A laminated body was produced by the same procedures as in (b)-(e) in Example 1, except for using a polycarbonate film which was 300 μm thick (manufactured by Mitsubishi Gas Chemical Co. Ltd.) as a transparent plastic material. The laminate sample produced was punched to form circles with a diameter of 82 mm each. They were bending-processed to 8 R (a spherical radius of 65 mm) by a vacuum former. They were again punched to form circles with a diameter of 75 mm to give samples for an injection test. A melted polycarbonate was injected from the dented side to form a lens. Ten Samples of the lens were made. They were visually observed, and showed no crack in the polarizing layer.

Comparative Example 2

A multi-layered polarizing sheet was made by the same procedures as in Comparative Example 1, except for using a polycarbonate film which was 300 μm thick as a transparent plastic material.
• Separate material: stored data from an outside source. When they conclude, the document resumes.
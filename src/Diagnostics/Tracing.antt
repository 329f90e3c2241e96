-- ===== src/Diagnostics/Tracing.antt =====
-- TracingChannel of jac/js_engine/engine/src/builtins/js/diagnostics_channel.js: five channels, and the
-- messages that are published on them around the call of a function.
use jaseci.Prelude.{ℕ, ◌+◌, Bool, false, if◌then◌else◌, ◌||◌, ◌++◌, Option, none, some, Str, codes}
use jaseci.Diagnostics.{
  Name, Value, not_writable, State, Outcome, returned, threw, Call, store, get_or_make,
  has_subscribers, subscribe, unsubscribe, publish,
}

-- The five channels, by their addresses.
pub record Channels : Type 0 where
  pub start : ℕ
  pub end : ℕ
  pub async_start : ℕ
  pub async_end : ℕ
  pub error : ℕ

-- The properties of an object that has, for each channel, something or nothing.
pub record Five : Type 0 where
  pub start : Option ℕ
  pub end : Option ℕ
  pub async_start : Option ℕ
  pub async_end : Option ℕ
  pub error : Option ℕ

-- The argument `nameOrChannels`.
pub data Source : Type 0 where
  by_name : Str → Source
  by_channels : Five → Source
  neither : Source

-- `channel(name)` with a string
unfoldable pub channel_string : Str → State → State × ℕ
unfolding get_or_make
channel_string key s = get_or_make (Name.string key) key s

-- `given || channel(key)`
unfoldable pub given_or : Option ℕ → Str → State → State × ℕ
unfolding channel_string
given_or (some a) key s = (s, a)
given_or none key s = channel_string key s

unfoldable pub five_channels : Five → Str → State → State × Channels
unfolding given_or
five_channels given name s =
    let prefix = codes "tracing:" ++ name in
    let (s1, a) = given_or given.start (prefix ++ codes ":start") s in
    let (s2, b) = given_or given.end (prefix ++ codes ":end") s1 in
    let (s3, c) = given_or given.async_start (prefix ++ codes ":asyncStart") s2 in
    let (s4, d) = given_or given.async_end (prefix ++ codes ":asyncEnd") s3 in
    let (s5, e) = given_or given.error (prefix ++ codes ":error") s4 in
    (s5, record { start = a; end = b; async_start = c; async_end = d; error = e })

abbrev pub no_channels : Five
no_channels = record {
  start = none;
  end = none;
  async_start = none;
  async_end = none;
  error = none;
}

-- `new TracingChannel(nameOrChannels)`; without channels where it throws the TypeError
unfoldable pub tracing_channel : Source → State → State × Option Channels
unfolding five_channels
tracing_channel (by_name name) s = let (s', t) = five_channels no_channels name s in (s', some t)
tracing_channel (by_channels given) s =
    let (s', t) = five_channels given (codes "anon") s in (s', some t)
tracing_channel neither s = (s, none)

-- The getter `hasSubscribers` of a TracingChannel
unfoldable pub any_subscribers : Channels → State → Bool
unfolding has_subscribers
any_subscribers t s =
    has_subscribers t.start s
    || has_subscribers t.end s
    || has_subscribers t.async_start s
    || has_subscribers t.async_end s
    || has_subscribers t.error s

-- `if (typeof handler === 'function') channel.subscribe(handler)`
unfoldable pub subscribe_at : ℕ → Option ℕ → State → State
unfolding subscribe
subscribe_at a none s = s
subscribe_at a (some fn) s = subscribe a fn s

-- `TracingChannel.prototype.subscribe` with an object, whose properties that are no functions are left
-- out
unfoldable pub subscribe_handlers : Channels → Five → State → State
unfolding subscribe_at
subscribe_handlers t h s =
    let s1 = subscribe_at t.start h.start s in
    let s2 = subscribe_at t.end h.end s1 in
    let s3 = subscribe_at t.async_start h.async_start s2 in
    let s4 = subscribe_at t.async_end h.async_end s3 in subscribe_at t.error h.error s4

-- `if (typeof handler === 'function') ok = channel.unsubscribe(handler) || ok`
unfoldable pub unsubscribe_at : ℕ → Option ℕ → State → Bool → State × Bool
unfolding unsubscribe
unsubscribe_at a none s ok = (s, ok)
unsubscribe_at a (some fn) s ok = let (s', done) = unsubscribe a fn s in (s', done || ok)

-- `TracingChannel.prototype.unsubscribe` with an object
unfoldable pub unsubscribe_handlers : Channels → Five → State → State × Bool
unfolding unsubscribe_at
unsubscribe_handlers t h s =
    let (s1, ok1) = unsubscribe_at t.start h.start s false in
    let (s2, ok2) = unsubscribe_at t.end h.end s1 ok1 in
    let (s3, ok3) = unsubscribe_at t.async_start h.async_start s2 ok2 in
    let (s4, ok4) = unsubscribe_at t.async_end h.async_end s3 ok3 in
    unsubscribe_at t.error h.error s4 ok4

-- `context || {}`, for a context that is an object or is missing
unfoldable pub context_of : Option ℕ → State → State × ℕ
unfolding store
context_of (some c) s = (s, c)
context_of none s = (
  record s {
    contexts = store s.contexts s.next (record { frozen = false; result = none; error = none });
    next = s.next + 1;
  },
  s.next,
)

-- `context.result = value` and `context.error = value`; `none` where the assignment throws
unfoldable pub set_result : ℕ → Value → State → Option State
unfolding store
set_result c v s =
    if (s.contexts c).frozen
    then none
    else some
        (record s { contexts = store s.contexts c (record (s.contexts c) { result = some v }) })

unfoldable pub set_error : ℕ → Value → State → Option State
unfolding store
set_error c v s =
    if (s.contexts c).frozen
    then none
    else some
        (record s { contexts = store s.contexts c (record (s.contexts c) { error = some v }) })

-- `context.error = err; this.error.publish(context); this.end.publish(context)`
unfoldable pub publish_error : Call → Channels → ℕ → Value → State → Option State
unfolding set_error publish
publish_error call t c e s = elim (set_error c e s) [
  | none ↦ none
  | some s' ↦ some (publish call t.end c (publish call t.error c s'))
]

-- The `catch` of `traceSync`
unfoldable pub catch_sync : Call → Channels → ℕ → Value → State → State × Outcome
unfolding publish_error
catch_sync call t c e s = elim (publish_error call t c e s) [
  | none ↦ (s, threw not_writable)
  | some s' ↦ (s', threw e)
]

-- What `traceSync` does with the outcome of the function. The assignment of the result is in the `try`.
unfoldable pub after_sync : Call → Channels → ℕ → State × Outcome → State × Outcome
unfolding set_result publish catch_sync
after_sync call t c (s, returned v) = elim (set_result c v s) [
  | none ↦ catch_sync call t c not_writable s
  | some s' ↦ (publish call t.end c s', returned v)
]
after_sync call t c (s, threw e) = catch_sync call t c e s

-- A function with its `this` and its arguments.
abbrev pub Run : Type 0
Run = State → State × Outcome

unfoldable pub trace_sync : Call → Channels → Run → Option ℕ → State → State × Outcome
unfolding context_of publish after_sync
trace_sync call t run context s =
    let (s0, c) = context_of context s in after_sync call t c (run (publish call t.start c s0))

-- What `tracePromise` returns: a promise that is rejected, or the promise of a value with the two
-- reactions of the context; or what it throws.
pub data Traced : Type 0 where
  thrown : Value → Traced
  rejected : Value → Traced
  chained : Value → ℕ → Traced

unfoldable pub after_promise : Call → Channels → ℕ → State × Outcome → State × Traced
unfolding publish publish_error
after_promise call t c (s, returned v) = (publish call t.end c s, chained v c)
after_promise call t c (s, threw e) = elim (publish_error call t c e s) [
  | none ↦ (s, thrown not_writable)
  | some s' ↦ (s', rejected e)
]

unfoldable pub trace_promise : Call → Channels → Run → Option ℕ → State → State × Traced
unfolding context_of publish after_promise
trace_promise call t run context s =
    let (s0, c) = context_of context s in after_promise call t c (run (publish call t.start c s0))

-- The reaction to the value or to the reason of the promise.
unfoldable pub settle : Call → Channels → ℕ → Outcome → State → State × Outcome
unfolding set_result set_error publish
settle call t c (returned v) s = elim (set_result c v s) [
  | none ↦ (s, threw not_writable)
  | some s' ↦ (publish call t.async_end c (publish call t.async_start c s'), returned v)
]
settle call t c (threw e) s = elim (set_error c e s) [
  | none ↦ (s, threw not_writable)
  | some s' ↦ (
    publish call t.async_end c (publish call t.error c (publish call t.async_start c s')),
    threw e,
  )
]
Cracks were observed in the polarizing layer in the six of ten samples (60%).

INDUSTRIAL APPLICABILITY

The multi-layered polarizing sheet of the present inventions is used for a non-glaring material, such as sunglasses, goggles, etc., a liquid crystal display, etc.

BRIEF EXPLANATION OF THE DRAWINGS

FIG. 1 shows the relationship between the molecular weight and the strength of the PVA used in Example 1.

FIG. 2 shows the relationship between the molecular weight and the strength of the PVA used in Comparative Example 1.

Claims

1. A multi-layered polarizing sheet comprising a laminated body in which a polarizing layer consisting of a polarizing film is held between two transparent plastic materials and is adhered to them, wherein the polarizing layer is produced by dyeing a film made of a poly(vinyl alcohol) and the like having a weight average molecular weight of 150,000-500,000 and by extending it.

2. The multi-layered polarizing sheet of claim 1, wherein the transparent plastic materials are made of polycarbonate.

3. The multi-layered polarizing sheet of claim 1, wherein the film of a poly(vinyl alcohol) is extended by 3-5 times after dyeing.

4. The multi-layered polarizing sheet of claim 1, wherein the transparent plastic materials and polarizing film are adhered to with a two-liquid-type heat-curable polyurethane resin consisting of a polyurethane prepolymer and a curing agent.

5. A non-glaring product which is produced by using the multi-layered polarizing sheet of claim 1.

6. The non-glaring product of claim 5 that are sunglasses or goggles.

7. A polarizing sheet for a liquid-crystal display which is produced by using the multi-layered polarizing sheet of claim 1.